Reputation: 3
I'm looking for an algorithm that returns (the length of) the intersection of two given N^4 lists / sets (more precisely in [|0;7|]^4). I'm not expecting an answer in a specific programming language (I'm doing it in OCaml but as this language isn't very popular I don't expect answers to be written in Caml...). Note that solutions involving big pre-computations (for example to completly change the structure of sets) aren't a problem in my case.
I tried to consider N^4 sets as classical integer sets to then intersect them using buit-in set intersections (but this was way too slow for my purpose) and I also tried to consider them as N^2 sets to apply the Lebesgue fast N^2 intersect (this could have worked but it turns out points don't rearrange very randomly over the plane thus making this algorithm quite inefficient).
Upvotes: 0
Views: 93
Reputation: 7740
You should get a free speedup by converting your 4-tuples to integers, so I would keep doing that. Just a simple conversion to octal, each component a separate digit, should do and is fairly fast since its just bit shifts:
number = tuple[0] | tuple[1] << 3 | tuple[2] << 6 | tuple[3] << 9
Regarding the set intersection, in most cases you aren't going to be able to beat the time O(n)
in the smaller of the two sets. If you know anything about the distribution of the sets, or how unique they're expected to be, we may be able to come up with some heuristics to speed up the intersection in practice.
Update
Here's an example of how you could speedup the computation with knowledge of the distribution. Lets say we know that the vast majority of elements occur very infrequently between the sets you intend to preprocess. What you could do is break the sets into two separate data structures, one that maps a pair of sets to the uncommon elements they share, and a second one that holds the remaining (common) elements for each set. The first would be an easy O(1)

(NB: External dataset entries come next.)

-- ===== src/Tests/SpawnTests.antt =====
-- A program that is started, at concrete inputs.
use sysu_ysosv.Prelude.{ℕ, List, [], ◌∷◌, Outcome, returns, panics}
use sysu_ysosv.Elf.{Filled}
use sysu_ysosv.Proc.AddressSpace.{ProcessVm, Spaces, clone_vm}
use sysu_ysosv.Proc.State.{Kernel}
use sysu_ysosv.Proc.Spawn.{Program, UserSelectors, load_process}
use sysu_ysosv.Tests.Machine.{machine, Tables, blank}
use sysu_ysosv.Tests.ProcTests.{memory, kernel}
use sysu_ysosv.Tests.ElfTests.{file_bytes, free_frames, code, note}

abbrev program : Program
program = record { segments = code ∷ note ∷ []; entry_point = 0x400010; input = file_bytes }

abbrev pub selectors : UserSelectors
selectors = record { user_code_selector = 0x23; user_data_selector = 0x1b }

abbrev roomy : Kernel Tables ℕ (List ℕ)
roomy = record kernel { vm = record kernel.vm { mem = blank free_frames } }

abbrev cloned : Outcome (ProcessVm × Spaces Tables) → ProcessVm × Spaces Tables
cloned (returns r) = r
cloned panics = (memory, roomy.vm)

abbrev space : Outcome (ProcessVm × Spaces Tables)
space = clone_vm machine memory roomy.vm

abbrev before : Filled Tables
before = record { mem = (cloned space).1.mem; ram = λ a. 7 }

abbrev made : Outcome (ℕ × ProcessVm × Filled Tables) → ℕ × ProcessVm × Filled Tables
made (returns r) = r
made panics = (0, memory, before)

abbrev process_made : Outcome (ℕ × ProcessVm × Filled Tables)
process_made = load_process machine 0x10000 program 5 ((cloned space).0) before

lookup, and could be bounded to some small manageable size. The second would require O(n)
naive intersection as before, but the sets would be drastically smaller because we said the vast majority of elements are uncommon.
Here is an implementation in python:
from itertools import combinations
from collections import Counter, defaultdict
from random import sample
N = 10 ** 7
K = 10 ** 5
S = 100
input_sets = [set(sample(range(N), k=K)) for _ in range(S)]
# get frequency of each element
counts = Counter()
for input_set in input_sets:
counts.update(input_set)
# mark all elements occurring in less than 5 sets as uncommon
uncommon = {val for val, count in counts.items() if count < 5}
# break each input_set into common / uncommon parts
common_sets = [input_set - uncommon for input_set in input_sets]
uncommon_sets = [input_set & uncommon for input_set in input_sets]
# create reverse lookup table from values to sets containing them
uncommon_lookup = defaultdict(list)
for idx, uncommon_set in enumerate(uncommon_sets):
for val in uncommon_set:
uncommon_lookup[val].append(idx)
# create mapping of input set pairs to shared uncommon elements
uncommon_matrix = defaultdict(set)
for val, indices in uncommon_lookup.items():
for i, j in combinations(indices, 2):
uncommon_matrix[i, j].add(val)
When running a performance benchmark, we can see that it runs about 30x times faster.
from timeit import timeit
test_pairs = [sample(range(S), k=2) for _ in range(100)]
def naive_benchmark():
for i, j in test_pairs:
input_sets[i] & input_sets[j]
def fast_benchmark():
for i, j in test_pairs:
(common_sets[i] & common_sets[j]) | uncommon_matrix[i, j]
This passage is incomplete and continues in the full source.